After clinical heart transplantation, ischemia, acute rejection, and repair mechanisms can trigger the up-regulation of cytokines. To investigate the cytokine profile early after transplantation, we monitored messenger RNA (mRNA) expression levels of tumor necrosis factor-alpha (TNF-alpha), monocyte chemoattractant protein-1 (MCP-1), transforming growth factor-beta (TGF-beta), platelet-derived growth factor-A (PDGF-A), and basic fibroblast growth factor (bFGF) by reverse transcriptase-polymerase chain reaction (RT-PCR) in serial endomyocardial biopsies ( n=123) from 16 cardiac allograft recipients during the first 3 post-operative months. In the first month, mRNA expression levels of MCP-1, TNF-alpha, TGF-beta, and bFGF were significantly higher than in the period thereafter (acute rejection episodes excluded). Acute rejection (International Society for Heart and Lung Transplantation (ISHLT) rejection grade >2) was strongly associated with the level of TNF-alpha mRNA. After acute rejection episodes, rising mRNA expression levels of PDGF-A and bFGF were found. The association between TNF-alpha mRNA and acute rejection reflects the importance of this cytokine in allogeneic responses. Elevated growth factor expression levels indicate repair responses after tissue damage due to either the transplantation procedure (surgery, ischemia, reperfusion) or acute allograft rejection.

Sequential monitoring of intragraft cytokine mRNA expression in relation to diastolic left ventricular wall thickness and function early after heart transplantation.
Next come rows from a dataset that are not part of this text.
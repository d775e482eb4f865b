-- ===== src/Cloud.antt =====
-- doover/src/api/data.rs: `DataClient`, the client of the cloud. The server is a parameter that answers each
-- attempt of a request; what a client sends and how long it waits are results. The bytes of an answer are given
-- decoded, and the compression of a body is left out.
pub mod Options
pub mod Calls
pub mod Attempts
pub mod Guard
pub mod Backend
use doover_rs.Base.{
  ℕ, zero, suc, ◌+◌, ◌*◌, ◌%◌, ◌^◌, String, Bool, true, false, not, ◌&&◌, ◌||◌, Option, none, some,
  List, [], ◌∷◌, ◌++◌, map, str_eq, ltb, leb, ◌==◌, unwrap_or, or_else, and_then, if◌then◌else◌,
}
use doover_rs.Base.Int.{ℤ, pos}
use doover_rs.Base.Text.{append, print_u64}
pub use doover_rs.Cloud.Options.{
  Qos, standard, at_most_once, AggregateOptions, default_options, UpdateMessageOptions,
}
use doover_rs.Errors.{DooverError, not_found, http, invalid_payload, other, Result, ok, err, ◌>>=◌}
use doover_rs.Json.{Value, Map, Values, null, bool, array, nil, object, end, entry, at}
use doover_rs.Rpc.{as_str}
use doover_rs.Processor.Payloads.{
  Readings, SubscriptionInfo, subscription_info_from, id_or_zero, value_as_id, id_at, ok_or,
}

pub data Method : Type 0 where
  get post put patch : Method

pub record ListMessagesQuery : Type 0 where
  pub before : Option ℕ
  pub after : Option ℕ
  pub limit : Option ℕ
  pub field_names : List String

-- The client with the token of its `BearerAuth`.
pub record DataClient : Type 0 where
  pub base_url : String
  pub token : Option String
  pub agent_id : Option ℕ
  pub organisation_id : Option String
  pub app_key : Option String
  pub invoking_channel : Option String
  pub max_retries : ℕ
  pub retry_delay : ℕ

-- `with_client`; the delay is in milliseconds.
abbrev pub new_client : String → DataClient
new_client base_url = record {
  base_url = base_url;
  token = none;
  agent_id = none;
  organisation_id = none;
  app_key = none;
  invoking_channel = none;
  max_retries = 3;
  retry_delay = 1000;
}

abbrev pub set_token : String → DataClient → DataClient
set_token t c = record c { token = some t }

abbrev pub set_agent_id : ℕ → DataClient → DataClient
set_agent_id n c = record c { agent_id = some n }

abbrev pub set_organisation_id : String → DataClient → DataClient
set_organisation_id o c = record c { organisation_id = some o }

abbrev pub set_app_key : String → DataClient → DataClient
set_app_key k c = record c { app_key = some k }

abbrev pub set_invoking_channel : Option String → DataClient → DataClient
set_invoking_channel ch c = record c { invoking_channel = ch }

-- The agent of a request: the argument, or else the client's.
abbrev pub resolve_agent_id : DataClient → Option ℕ → Result DooverError ℕ
resolve_agent_id c agent_id =
    ok_or (or_else agent_id c.agent_id)
      (other "agent_id must be provided either as a method argument or set on the client")

-- `_raise_for_status`
abbrev pub map_status : ℕ → String → DooverError
map_status status text = if status == 404 then not_found text else http (pos status) text

module _ (N : Type 0) where
  -- A request with the headers that the client's state puts on it.
  pub record HttpRequest : Type 0 where
    pub method : Method
    pub url : String
    pub body : Option (Value N)
    pub query : List (String × String)
    pub token : Option String
    pub organisation_id : Option String

  -- The answer to one attempt: no connection, or a status with the text and the decoded body.
  pub data Answer : Type 0 where
    unsent : DooverError → Answer
    answered : ℕ → String → Result DooverError (Option (Value N)) → Answer

  -- What a client's call does: the requests that it sends, its waits, and its result.
  pub record Sent (A : Type 0) : Type 0 where
    pub requests : List HttpRequest
    pub waits : List ℕ
    pub result : Result DooverError A

  -- Whether an attempt ends the request, or is tried again with the error to keep.
  pub data Verdict : Type 0 where
    finished : Result DooverError (Option (Value N)) → Verdict
    again : DooverError → Verdict

  -- A channel of the cloud.
  pub record CloudChannel : Type 0 where
    pub name : String
    pub owner_id : ℕ
    pub is_private : Bool
    pub aggregate_data : Option (Value N)
    pub raw : Value N

abbrev pub Server : Type 0 → Type 0
Server N = HttpRequest N → ℕ → Answer N

-- The wait after an attempt that is not the last; the factor is a `u32`, cut as without overflow checks. A wait
-- past the largest `Duration`, which ends the program, is not modelled.
abbrev pub pause : ℕ → ℕ → ℕ → List ℕ
pause zero delay attempt = []
pause (suc left) delay attempt = delay * (2 ^ attempt % 2 ^ 32) ∷ []

module _ {N : Type 0} where
  abbrev pub verdict : Answer N → Verdict N
  verdict (unsent e) = again e
  verdict (answered status text body) =
      if leb 500 status
      then again (map_status status text)
      else if leb 400 status
      then finished (err (map_status status text))
      else finished body

  abbrev pub after_attempt :
      HttpRequest N
      → List ℕ
      → Verdict N
      → (DooverError → Sent N (Option (Value N)))
      → Sent N (Option (Value N))
  after_attempt r waits (finished result) retry = record {
    requests = r ∷ [];
    waits = [];
    result = result;
  }
  after_attempt r waits (again e) retry = record {
    requests = r ∷ (retry e).requests;
    waits = waits ++ (retry e).waits;
    result = (retry e).result;
  }

  -- The loop over the attempts: how many are left, the number of the next one, and the last error.
  unfoldable pub attempts :
      Server N → ℕ → HttpRequest N → ℕ → ℕ → Option DooverError → Sent N (Option (Value N))
  attempts server delay r zero attempt last = record {
    requests = [];
    waits = [];
    result = err (unwrap_or last (other (append "request to " (append r.url " failed"))));
  }
  attempts server delay r (suc left) attempt last =
      after_attempt r (pause left delay attempt) (verdict (server r attempt))
        (λ e. attempts server delay r left (suc attempt) (some e))

  -- A call that fails before it sends anything.
  abbrev pub refused : {A : Type 0} → DooverError → Sent N A
  refused e = record { requests = []; waits = []; result = err e }

  -- What a call makes of the result of its request.
  abbrev pub then_result : {A B : Type 0} → Sent N A → (A → Result DooverError B) → Sent N B
  then_result s f = record { requests = s.requests; waits = s.waits; result = s.result >>= f }

  -- A call that needs a value first.
  abbrev pub given : {A B : Type 0} → Result DooverError A → (A → Sent N B) → Sent N B
  given (ok a) f = f a
  given (err e) f = refused e

  module _ (server : Server N) where
    unfoldable pub request :
        DataClient
        → Method
        → String
        → Option (Value N)
        → List (String × String)
        → Sent N (Option (Value N))
    request c method path body query =
        attempts server c.retry_delay
          (record {
            method = method;
            url = append c.base_url path;
            body = body;
            query = query;
            token = c.token;
            organisation_id = c.organisation_id;
          })
          c.max_retries 0 none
Because production of immune regulatory proteins may play a role in early graft dysfunction after heart transplantation, we analyzed whether intragraft cytokine messenger RNA (mRNA) expression levels are associated with diastolic left ventricular function in cardiac allografts. We intensively monitored 16 cardiac allograft recipients during the first 3 months after transplantation. The mRNA expression levels of tumor necrosis factor (TNF-alpha), monocyte chemoattractant protein-1 (MCP-1), transforming growth factor (TGF-beta), platelet derived growth factor (PDGF-A), and basic fibroblast growth factor (bFGF) were measured in endomyocardial biopsies (n = 123) by quantitative RT-PCR. To determine diastolic allograft function, concurrent M-mode and two-dimensional Doppler echocardiograms were analyzed for the following parameters: left ventricular total wall thickness, maximal early and atrial mitral flow velocity, deceleration time of maximal early mitral flow velocity, and isovolumetric relaxation period. During the first 3 months post-transplant an overall decrease in mRNA expression levels of almost all measured cytokines was observed, which paralleled an improvement in diastolic left ventricular wall thickness and function. However, no straightforward relationship could be found between a specific cytokine mRNA expression pattern and the studied echocardiographic parameters. Our data suggest that the improvement in diastolic left ventricular function is associated with a general reduction of inflammation within the allograft, rather than related to a specific cytokine expression pattern.